Propanone (ketone) and Propanal (aldehyde) are functional isomers due to different functional groups with the same molecular formula.

Reaction: CH₃COCH₃ (ketone) ↔ CH₃CH₂CHO (aldehyde).

Final result: They are Functional isomers.

Nucleotides in DNA and RNA are joined by phosphodiester bonds between the 3′ hydroxyl group of one sugar and the 5′ phosphate group of another.

Linkage ensures the formation of the sugar-phosphate backbone.

Final result: Linkage between nucleotides is Phosphodiester linkage.

Cetyltrimethylammonium bromide is a cationic detergent due to its positively charged quaternary ammonium group.

Other options are anionic detergents or non-detergent molecules.

Final result: Cationic detergent is Cetyltrimethylammonium bromide.

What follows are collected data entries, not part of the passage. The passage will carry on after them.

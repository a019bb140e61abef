-- ===== src/UniqueKeys.antt =====
-- The `object_pairs_hook` of both JSON readers, `_unique_object` of gateway.py and of oauth.py, which
-- differ only in the exception: no object may name a key twice, at any depth.
pub mod Laws
use amazon_echo_home_voice.Prelude.{String, Bool, not}
use amazon_echo_home_voice.Python.{
  Json, null, bool, num, str, arr, obj, Items, nil, cons, Fields, end, field, find, has, assign,
  Result, ok, raised, Exn, ensure, ◌>>=◌, ◌>>◌,
}

module _ (duplicate : Exn) where
  -- The loop: `result[key] = value` unless the key is there.
  unfoldable pub collect : Fields → Fields → Result Fields
  collect end result = ok result
  collect (field key value pairs) result =
      let rest = collect pairs (assign key value result) in
      ensure (not (has key result)) duplicate >>= λ _. rest

  unfoldable pub unique_object : Fields → Result Fields
  unique_object pairs = collect pairs end

-- json.loads calls the hook on the pairs of every object, those of inner objects first.
module _ (hook : Fields → Result Fields) where
  unfoldable mutual
    pub with_hook : Json → Result Json
    with_hook (arr vs) = with_hook_items vs >>= λ ws. ok (arr ws)
    with_hook (obj fs) = with_hook_fields fs >>= λ pairs. hook pairs >>= λ result. ok (obj result)
    with_hook v = ok v

    pub with_hook_items : Items → Result Items
    with_hook_items nil = ok nil
    with_hook_items (cons v vs) = with_hook v >>= λ w. with_hook_items vs >>= λ ws. ok (cons w ws)

    pub with_hook_fields : Fields → Result Fields
    with_hook_fields end = ok end
    with_hook_fields (field k v fs) =
        with_hook v >>= λ w. with_hook_fields fs >>= λ gs. ok (field k w gs)
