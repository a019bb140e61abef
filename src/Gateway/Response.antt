-- ===== src/Gateway/Response.antt =====
-- Reading one gateway response: `_response_body`, the JSON reader, and the classification of errors
-- at the end of `_fetch_once` in gateway.py.
use amazon_echo_home_voice.Prelude.{
  ℕ, ◌+◌, String, Bool, true, false, Option, none, some, List, [], ◌∷◌, ◌==◌, leb, length, take,
  any, str_eq, or_else, if◌then◌else◌,
}
use amazon_echo_home_voice.Python.{
  Python, Json, Result, ok, Exn, gateway_error, transient_gateway_error, foreign, Foreign,
  http_error, url_error, url_error_text, timeout_error, connection_refused, connection_reset,
  connection_error, certificate_error, ssl_error, gai_error, os_error, http_exception,
  unicode_error, value_error, recursion_error, ensure, required, gateway, before, ◌>>=◌, ◌>>◌,
}
use amazon_echo_home_voice.UniqueKeys.{unique_object, with_hook}

abbrev pub max_response_bytes : ℕ
max_response_bytes = 32768

abbrev pub transient_http_statuses : List ℕ
transient_http_statuses = 502 ∷ 503 ∷ 504 ∷ []

abbrev pub is_transient_status : ℕ → Bool
is_transient_status code = any (λ c. code == c) transient_http_statuses

-- An HTTP response whose body has not been read.
pub record Response : Type 0 where
  pub status : ℕ
  pub content_type : Option String
  pub body : List ℕ

-- raise error("Gateway request failed") from cause
abbrev pub request_failed : Bool → Option Foreign → Exn
request_failed transient cause =
    if transient
    then transient_gateway_error "Gateway request failed" cause
    else gateway_error "Gateway request failed" cause

-- isinstance(reason, (TimeoutError, ConnectionError))
abbrev pub is_transient_reason : Foreign → Bool
is_transient_reason timeout_error = true
is_transient_reason connection_refused = true
is_transient_reason connection_reset = true
is_transient_reason connection_error = true
is_transient_reason _ = false

-- isinstance(exc, (URLError, OSError, HTTPException))
abbrev pub is_transport_error : Foreign → Bool
is_transport_error (http_error code) = true
is_transport_error (url_error reason) = true
is_transport_error url_error_text = true
is_transport_error timeout_error = true
is_transport_error connection_refused = true
is_transport_error connection_reset = true
is_transport_error connection_error = true
is_transport_error certificate_error = true
is_transport_error ssl_error = true
is_transport_error gai_error = true
is_transport_error os_error = true
is_transport_error http_exception = true
is_transport_error _ = false

-- The `except` clauses of `_fetch_once`, for an exception of a library.
unfoldable pub classify : Foreign → Exn
classify (http_error code) = request_failed (is_transient_status code) (some (http_error code))
classify (url_error reason) = request_failed (is_transient_reason reason) (some (url_error reason))
classify unicode_error = gateway_error "Invalid gateway response" (some unicode_error)
classify value_error = gateway_error "Invalid gateway response" (some value_error)
classify recursion_error = gateway_error "Invalid gateway response" (some recursion_error)
classify f =
    if is_transport_error f then request_failed (is_transient_reason f) (some f) else foreign f

module _ (py : Python) where
  -- .split(";", 1)[0].strip().lower()
  abbrev pub media_type : Option String → String
  media_type header = py.lower (py.strip (before b';' (or_else header "")))

  -- _response_body: at most one byte more than the limit is read
  unfoldable pub response_body : Response → Result (List ℕ)
  response_body response = do
    ensure (response.status == 200) (request_failed (is_transient_status response.status) none)
    ensure (str_eq (media_type response.content_type) "application/json")
        (gateway "Gateway returned an invalid content type")
    let body = take (max_response_bytes + 1) response.body
    ensure (leb (length body) max_response_bytes) (gateway "Gateway response is too large")
    ok body

  -- json.loads(body.decode("utf-8"), object_pairs_hook=_unique_object)
  unfoldable pub parse_body : List ℕ → Result Json
  parse_body body = do
    text ← required (py.decode body) (foreign unicode_error)
    value ← required (py.loads text) (foreign value_error)
    with_hook (unique_object (gateway "Invalid gateway response")) value
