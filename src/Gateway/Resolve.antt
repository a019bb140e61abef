-- ===== src/Gateway/Resolve.antt =====
-- `_resolve_public` of gateway.py: one bounded look-up, every answer validated before one is used.
-- The outcome of the resolver's thread is the argument.
pub mod Pinned
use amazon_echo_home_voice.Prelude.{
  String, Bool, true, false, ◌&&◌, bool_eq, Option, none, some, List, [], ◌∷◌, ◌==◌, leb, length,
  ◌≡◌, if◌then◌else◌,
}
use amazon_echo_home_voice.Python.{
  Python, Address, Result, ok, raised, ensure, required, gateway, gateway_error, other_error, ◌>>=◌,
  ◌>>◌,
}
use amazon_echo_home_voice.Gateway.Address.{public_address}

pub data Family : Type 0 where
  inet inet6 other_family : Family

-- One record of socket.getaddrinfo.
pub record DnsRecord : Type 0 where
  pub family : Family
  pub is_stream : Bool
  pub is_tcp : Bool
  pub endpoint : String

-- How the look-up in the thread went: no slot, no thread, no answer in time, or what the thread
-- put in the queue, `none` for an exception.
pub data Lookup : Type 0 where
  no_slot no_thread no_answer : Lookup
  answer : Option (List DnsRecord) → Lookup

abbrev known_family : Family → Bool
known_family other_family = false
known_family _ = true

abbrev is_inet : Family → Bool
is_inet inet = true
is_inet _ = false

module _ (py : Python) where
  -- The body of the loop over the records.
  unfoldable pub check_record : DnsRecord → Result Address
  check_record record_ = do
    ensure (known_family record_.family) (gateway "Gateway resolution failed")
    address ← public_address py record_.endpoint
    ensure (bool_eq (is_inet record_.family) (address.version == 4))
        (gateway "Gateway resolution failed")
    ensure (record_.is_stream && record_.is_tcp) (gateway "Gateway resolution failed")
    ok address

  unfoldable pub check_records : List DnsRecord → Result (List Address)
  check_records [] = ok []
  check_records (r ∷ rs) =
      let rest = check_records rs in check_record r >>= λ a. rest >>= λ as_. ok (a ∷ as_)

  unfoldable pub first_answer : Lookup → Result Address
  first_answer no_slot = raised (gateway "Gateway resolver is busy")
  first_answer no_thread =
      raised (gateway_error "Gateway resolver is unavailable" (some other_error))
  first_answer no_answer = raised (gateway_error "Gateway request timed out" (some other_error))
  first_answer (answer none) = raised (gateway "Gateway resolution failed")
  first_answer (answer (some [])) = raised (gateway "Gateway resolution failed")
  first_answer (answer (some (r ∷ rs))) = do
    ensure (leb (length (r ∷ rs)) 64) (gateway "Gateway resolution failed")
    first ← check_record r
    rest ← check_records rs
    ok first

  -- _resolve_public: the family with the numeric address
  unfoldable pub resolve_public : String → Lookup → Result (Family × String)
  resolve_public hostname lookup = do
    address ← elim (py.ip_address hostname) [ none ↦ first_answer lookup | some a ↦ ok a ]
    checked ← public_address py address.printed
    ok (if checked.version == 4 then (inet, checked.printed) else (inet6, checked.printed))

Calculate area of cycle in P-V diagram

Work done = Area enclosed

W=½(3V₀)(2P₀-P₀)=2P₀V₀

Saccharin is an artificial sweetener, and its given structure matches the functional groups of saccharin.

Confirmed by analyzing structural formula (no misalignment).

Final result: Compound is Saccharin.

Nylon 2–Nylon 6 is a biodegradable copolymer formed by condensation polymerization of Glycine and Aminocaproic acid.

Reaction: Glycine + Aminocaproic acid → Nylon 2–Nylon 6.

Final result: Biodegradable polymer is Nylon 2–Nylon 6.